> [Action item]:
Report how many lines in the records hold the string "requeueing"; give the number and nothing else.

> [Working data]:
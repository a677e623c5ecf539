-- ===== src/Queue/Waking.antt =====
-- internal/queue/queue.go: the maintenance goroutine (maintain, start) beside the callers of
-- Queue/Interleaving.antt. It arms itself with the next deadline, sleeps until the timer fires, a
-- token arrives on `wake` or `done` is closed, and runs Maintain when the timer fires; an error of
-- Maintain ends it. The other goroutines take the steps that are not of Maintain.
pub mod Heeds
pub mod Steps
pub mod Deadline
pub mod Pledges
pub mod Notice
pub mod Alert
mod Tests
use stitch.Prelude.{ℕ, ◌<◌, ◌≡◌, Bool, true, false, none, some, List, ◌∷◌, ◌++◌, ltb}
use stitch.Queue.Order.{LeaseEntry}
use stitch.Queue.Live.{Queue}
use stitch.Queue.Ops.{LogAnswer, next_deadline}
use stitch.Queue.Maintain.{is_empty, first_error, maintain_reserve, commit_requeue, commit_bury}
use stitch.Queue.Message.{Message}
use stitch.Queue.Interleaving.{Pending, World, Step}
use stitch.Prelude.{if◌then◌else◌}

-- Where the goroutine is: before nextDeadline, in one of the two selects (at 0 in the one without a
-- timer), in Maintain, with its reading of the clock and its first error so far, or returned.
pub data Phase : Type 0 where
  arming ended : Phase
  sleeping : ℕ → Phase
  reclaiming : ℕ → LogAnswer → Phase

pub record Site : Type 0 where
  pub world : World
  pub phase : Phase

-- The error that one append of Maintain adds; without messages there is no append.
abbrev pub error_of : List (Message × LeaseEntry) → LogAnswer → LogAnswer
error_of r answer = if is_empty r then none else answer

-- How the loop goes on after Maintain.
abbrev pub after_maintain : LogAnswer → Phase
after_maintain none = arming
after_maintain (some e) = ended

-- Whether a step is one of another goroutine, whose Dequeue reads a time after the epoch.
abbrev pub by_others : {u v : World} → Step u v → Bool
by_others (Step.enqueue_start now id body priority delay k q ps free) = true
by_others (Step.enqueue_deduped now k e q ps hit) = true
by_others (Step.enqueue_end m answer later q ps qs fresh) = true
by_others (Step.dequeue_start now n token q ps) = ltb 0 now
by_others (Step.dequeue_end expires token picked answer q ps qs) = true
by_others (Step.ack_start id token m q q1 ps took) = true
by_others (Step.ack_end id m answer q ps qs) = true
by_others (Step.nack_start now id token delay m q q1 ps took) = true
by_others (Step.nack_end m to_dlq visible_at now answer q ps qs) = true
by_others (Step.maintain_start now q ps) = false
by_others (Step.maintain_middle now requeue to_dlq answer q ps qs) = false
by_others (Step.maintain_end to_dlq answer q ps qs) = false
by_others (Step.stats_taken now q ps) = true
by_others (Step.timer_armed q ps) = false

-- One step of the goroutine, or of another.
pub data Turn : Site → Site → Type 0 where
  others :
      (u v : World) (phase : Phase) (s : Step u v)
      → by_others s ≡ true
      → Turn (record { world = u; phase = phase }) (record { world = v; phase = phase })
  rearmed :
      (q : Queue) (ps : List Pending)
      → Turn
          (record { world = record { queue = q; pending = ps }; phase = arming })
          (record {
            world = record { queue = (next_deadline q).1; pending = ps };
            phase = sleeping (next_deadline q).0;
          })
  nudged :
      (d : ℕ) (q : Queue) (ps : List Pending)
      → q.wake ≡ true
      → Turn
          (record { world = record { queue = q; pending = ps }; phase = sleeping d })
          (record {
            world = record { queue = record q { wake = false }; pending = ps };
            phase = arming;
          })
  closed :
      (d : ℕ) (w : World)
      → Turn (record { world = w; phase = sleeping d }) (record { world = w; phase = ended })
  fired :
      (d now : ℕ) (q : Queue) (ps : List Pending)
      → 0 < d
      → Turn
          (record { world = record { queue = q; pending = ps }; phase = sleeping d })
          (record {
            world = record {
              queue = (maintain_reserve now q).queue;
              pending =
                  Pending.requeueing
                    (maintain_reserve now q).requeue
                    (maintain_reserve now q).to_dlq
                  ∷ ps;
            };
            phase = reclaiming now none;
          })
  requeued :
      (now : ℕ) (e : LogAnswer) (requeue to_dlq : List (Message × LeaseEntry)) (answer : LogAnswer)
      (q : Queue) (ps qs : List Pending)
      → Turn
          (record {
            world = record { queue = q; pending = ps ++ Pending.requeueing requeue to_dlq ∷ qs };
            phase = reclaiming now e;
          })
          (record {
            world = record {
              queue = commit_requeue now requeue answer q;
              pending = ps ++ Pending.burying to_dlq ∷ qs;
            };
            phase = reclaiming now (first_error e (error_of requeue answer));
          })
  buried :
      (now : ℕ) (e : LogAnswer) (to_dlq : List (Message × LeaseEntry)) (answer : LogAnswer)
      (q : Queue) (ps qs : List Pending)
      → Turn
          (record {
            world = record { queue = q; pending = ps ++ Pending.burying to_dlq ∷ qs };
            phase = reclaiming now e;
          })
          (record {
            world = record { queue = commit_bury to_dlq answer q; pending = ps ++ qs };
            phase = after_maintain (first_error e (error_of to_dlq answer));
          })

-- Any number of steps.
pub data Turns : Site → Site → Type 0 where
  stop : (s : Site) → Turns s s
  turn : (r s t : Site) → Turn r s → Turns s t → Turns r t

> [Exercise response]:
2